# Just nosing on Google Maps, and...



## SteveN (Aug 6, 2002)

Maybe its been mentioned already, but there's a couple of R35s at Daikoku...

White...
daikoku futo - Google Maps

Grey...
daikoku futo - Google Maps

There also a Scooby meet across the carpark it seems if you move over there, and a Testerossa near McDonalds, and an R30 opp the R35 in the 2nd link too.

No long line of modified Lambos like when I was there, but this was about the 35s!


----------



## Blow Dog (Sep 4, 2001)

How on earth did you just happen upon those??


----------



## CJay (Mar 23, 2008)

Excellent .... what a meet .....oh and I love that Google map feature where you can follow the arrows ....excellent :clap:


CJ


Roll on September 09


----------



## SteveN (Aug 6, 2002)

CJ- Look at the link at the bottom of this thread- Was almost 1yr ago and there was 2x R35s there when we was there too! That was a suprise so long ago!



Blow Dog said:


> How on earth did you just happen upon those??

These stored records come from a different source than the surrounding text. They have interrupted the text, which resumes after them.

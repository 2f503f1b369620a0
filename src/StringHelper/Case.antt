-- ===== src/StringHelper/Case.antt =====
-- Letter case in string_helper/StringHelper.hpp: Capitalize, Title, IsTitle, Lower, Upper, Swapcase,
-- CamelCase2Underline and Underline2CamelCase.
pub mod Titles
pub mod Camel
pub mod CamelWords
use c_plus_plus.Prelude.{
  ℕ, suc, ◌-◌, ◌/◌, ap, Bool, true, false, ◌||◌, [], ◌∷◌, map, ◌==◌, if◌then◌else◌,
}
use c_plus_plus.Prelude.Chars.{Bytes, isdigit, islower, isupper, isspace, toupper, tolower}

-- `Capitalize`
pub capitalize : Bytes → Bytes
capitalize [] = []
capitalize (c ∷ s) = toupper c ∷ map tolower s

-- After such a character a word of a title starts.
unfoldable pub starts_word : ℕ → Bool
starts_word prev = isspace prev || isdigit prev || (prev == b',' || prev == b'.' || prev == b'?')

-- The loop of `Title`; the first argument is `str[i - 1]`, which the loop has changed already.
pub title_from : ℕ → Bytes → Bytes
title_from prev [] = []
title_from prev (c ∷ s) =
    let d = if starts_word prev then toupper c else tolower c in d ∷ title_from d s

-- `Title`
pub title : Bytes → Bytes
title [] = []
title (c ∷ s) = toupper c ∷ title_from (toupper c) s

-- The loop of `IsTitle`.
pub is_title_from : ℕ → Bytes → Bool
is_title_from prev [] = true
is_title_from prev (c ∷ s) =
    let rest = is_title_from c s in
    if starts_word prev
    then (if islower c then false else rest)
    else (if isupper c then false else rest)

-- `IsTitle`
pub is_title : Bytes → Bool
is_title [] = false
is_title (c ∷ s) = if islower c then false else is_title_from c s

-- `Lower`
unfoldable pub lower : Bytes → Bytes
lower s = map tolower s

-- `Upper`
unfoldable pub upper : Bytes → Bytes
upper s = map toupper s

unfoldable pub swap_char : ℕ → ℕ
swap_char e = if islower e then toupper e else if isupper e then tolower e else e

-- `Swapcase`
pub swapcase : Bytes → Bytes
swapcase s = map swap_char s

-- `CamelCase2Underline`: a character before a capital is lowered and followed by an underscore.
pub camel_case_to_underline : Bytes → Bytes
camel_case_to_underline [] = []
camel_case_to_underline (c ∷ []) = c ∷ []
camel_case_to_underline (c ∷ d ∷ s) =
    let rest = camel_case_to_underline (d ∷ s) in
    if isupper d then tolower c ∷ b'_' ∷ rest else c ∷ rest

-- The loop of `Underline2CamelCase`; the first argument is `str[i - 1]`.
pub underline_to_camel_from : ℕ → Bytes → Bytes
underline_to_camel_from prev [] = []
underline_to_camel_from prev (c ∷ s) =
    let rest = underline_to_camel_from c s in
    if c == b'_' then rest else if prev == b'_' then toupper c ∷ rest else c ∷ rest

-- `Underline2CamelCase`
pub underline_to_camel_case : Bytes → Bool → Bytes
underline_to_camel_case [] to_lower_camel_case = []
underline_to_camel_case (c ∷ s) to_lower_camel_case =
    (if to_lower_camel_case then tolower c else toupper c) ∷ underline_to_camel_from c s
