-- ===== src/StringHelper/Classify.antt =====
-- Tests of a whole string in string_helper/StringHelper.hpp. Each is false of the empty string.
use c_plus_plus.Prelude.{ℕ, ◌≡◌, refl, Bool, true, false, ◌||◌, [], ◌∷◌, map, arith}
use c_plus_plus.Prelude.Chars.{
  Bytes, isdigit, islower, isupper, isalpha, isalnum, isxdigit, isspace, toupper, tolower,
}
use c_plus_plus.Prelude.Find.{all_of, one_of}
use c_plus_plus.StringHelper.Case.{lower, upper}

-- `std::all_of` behind the test of `empty()`.
unfoldable pub all_and_nonempty : (ℕ → Bool) → Bytes → Bool
all_and_nonempty p [] = false
all_and_nonempty p (c ∷ s) = all_of p (c ∷ s)

-- `Isalnum`, `Isalpha`, `Isdigit`, `Isxdigit`, `Islower`, `Isupper`, `Isspace`
unfoldable pub is_alnum : Bytes → Bool
is_alnum str = all_and_nonempty isalnum str

unfoldable pub is_alpha : Bytes → Bool
is_alpha str = all_and_nonempty isalpha str

unfoldable pub is_digit : Bytes → Bool
is_digit str = all_and_nonempty isdigit str

unfoldable pub is_xdigit : Bytes → Bool
is_xdigit str = all_and_nonempty isxdigit str

unfoldable pub is_lower : Bytes → Bool
is_lower str = all_and_nonempty islower str

unfoldable pub is_upper : Bytes → Bool
is_upper str = all_and_nonempty isupper str

unfoldable pub is_space : Bytes → Bool
is_space str = all_and_nonempty isspace str

-- `IsdigitWithDelim` and `IsxdigitWithDelim`
unfoldable pub is_digit_with_delim : Bytes → Bytes → Bool
is_digit_with_delim str delims = all_and_nonempty (λ e. isdigit e || one_of delims e) str

unfoldable pub is_xdigit_with_delim : Bytes → Bytes → Bool
is_xdigit_with_delim str delims = all_and_nonempty (λ e. isxdigit e || one_of delims e) str

isalpha-cases :
    (c : ℕ) → isalpha c ≡ true → (islower (tolower c) ≡ true) × (isupper (toupper c) ≡ true)
unfolding isalpha tolower toupper
isalpha-cases c h = (ground arith, ground arith)

all_of-map :
    (p q : ℕ → Bool) (f : ℕ → ℕ)
    → ((c : ℕ) → p c ≡ true → q (f c) ≡ true)
    → (s : Bytes) → all_of p s ≡ true
    → all_of q (map f s) ≡ true
unfolding all_of
all_of-map p q f h [] e = refl
all_of-map p q f h (c ∷ s) e = ground (arith, h c, all_of-map p q f h s)

-- `Lower` makes an alphabetic string pass `Islower`, and `Upper` makes it pass `Isupper`.
pub is_lower-lower :
    (s : Bytes) → is_alpha s ≡ true → (is_lower (lower s) ≡ true) × (is_upper (upper s) ≡ true)
unfolding is_alpha is_lower is_upper lower upper all_and_nonempty
is_lower-lower [] h = (h, h)
is_lower-lower (c ∷ s) h = (
  all_of-map isalpha islower tolower (λ d e. (isalpha-cases d e).0) (c ∷ s) h,
  all_of-map isalpha isupper toupper (λ d e. (isalpha-cases d e).1) (c ∷ s) h,
)
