-- ===== src/StringHelper/Split.antt =====
-- Join, ToVector, Split, SplitUnderline, SplitCamelCase, ToNum and ExtractNum of
-- string_helper/StringHelper.hpp. A position that a search returns is the suffix of the string from
-- there on, and `npos` the empty suffix.
pub mod Tokens
pub mod Words
use c_plus_plus.Prelude.{
  ℕ, zero, suc, ◌+◌, ◌-◌, ◌/◌, ap, Bool, true, false, not, Option, none, some, List, [], ◌∷◌, ◌++◌,
  map, if◌then◌else◌, ◌>>=◌, length, take, drop,
}
use c_plus_plus.Prelude.Chars.{Bytes, isupper}
use c_plus_plus.Prelude.Find.{take_while, drop_while, one_of}
use c_plus_plus.StringHelper.Classify.{is_digit, is_digit_with_delim}

-- The loop of `Join`, and the last token behind it; for no token `token.end() - 1` is undefined.
pub join_from : Bytes → List Bytes → Bytes → Option Bytes
join_from linked [] link = none
join_from linked (t ∷ []) link = some (linked ++ t)
join_from linked (t ∷ u ∷ ts) link = join_from (linked ++ (t ++ link)) (u ∷ ts) link

-- `Join`
pub join : List Bytes → Bytes → Option Bytes
join token link = join_from [] token link

-- `ToVector`
pub to_vector : Bytes → List Bytes
to_vector str = map (λ e. e ∷ []) str

-- A character outside the delimiters.
abbrev pub is_plain : Bytes → ℕ → Bool
is_plain delims c = not (one_of delims c)

-- The loop of `Split` from `startPos`; `find_first_not_of` and `find_first_of` skip to a suffix.
unfoldable pub split_loop : ℕ → Bytes → Bytes → List Bytes
split_loop zero delims start = []
split_loop (suc fuel) delims [] = []
split_loop (suc fuel) delims (c ∷ s) =
    take_while (is_plain delims) (c ∷ s)
    ∷ split_loop fuel delims (drop_while (one_of delims) (drop_while (is_plain delims) (c ∷ s)))

-- `Split`; a round takes at least one character.
unfoldable pub split : Bytes → Bytes → List Bytes
split str delims = split_loop (length str) delims (drop_while (one_of delims) str)

-- `SplitUnderline`
pub split_underline : Bytes → List Bytes
split_underline str = split str (b'_' ∷ [])

-- The loop of `SplitCamelCase`, with the piece read so far.
pub split_camel_from : Bytes → Bytes → List Bytes
split_camel_from sub [] = []
split_camel_from sub (c ∷ []) = (sub ++ c ∷ []) ∷ []
split_camel_from sub (c ∷ d ∷ s) = elim (isupper d) [
  | true ↦ (sub ++ c ∷ []) ∷ split_camel_from [] (d ∷ s)
  | false ↦ split_camel_from (sub ++ c ∷ []) (d ∷ s)
]

-- `SplitCamelCase`
pub split_camel_case : Bytes → List Bytes
split_camel_case str = split_camel_from [] str

-- `operator>>` of the number type that a caller chooses is the parameter `parse`.
module _ {T : Type 0} (parse : Bytes → T) where
  -- `ToNum`; `std::runtime_error` is `none`.
  pub to_num : Bytes → Option T
  to_num str = if is_digit str then some (parse str) else none

  -- The loop of `ExtractNum`.
  pub extract_loop : ℕ → Bytes → Bytes → Option (List T)
  extract_loop zero delims start = some []
  extract_loop (suc fuel) delims [] = some []
  extract_loop (suc fuel) delims (c ∷ s) =
      let rest =
        extract_loop fuel delims
          (drop_while (one_of delims) (drop_while (is_plain delims) (c ∷ s))) in
      do n ← to_num (take_while (is_plain delims) (c ∷ s)); ns ← rest; some (n ∷ ns)

  -- `ExtractNum`
  pub extract_num : Bytes → Bytes → Option (List T)
  extract_num str delims =
      if is_digit_with_delim str delims
      then extract_loop (length str) delims (drop_while (one_of delims) str)
      else none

I have a bizzare photgraphic memory when it suits me, and was looking for a shop I went to in Tokyo (not an easy task in a City with a 13million population!), which I found...
shinjuku japan - Google Maps
Then after I managed to find that (by remembering what exit of the subway I got off, and where I walked, using the clickable arrows, even though it was a year ago) I decided to find other interesting places I went.

Found a load of them, so started seeing if I could find the exact places from random pics I took when over in Tokyo, and while looking at the ones I took at Daikoku, I found the R35s, so thought I'd show you guys.

Look at this thread for my fairly detailed Google Map based tour of Tokyo...
Google maps FTW - Drifting forum - Driftworks
_(the posts by Stavros)_


----------



## Hugo (Oct 1, 2007)

Awesome write-up on your trip to Tokyo Steven!


----------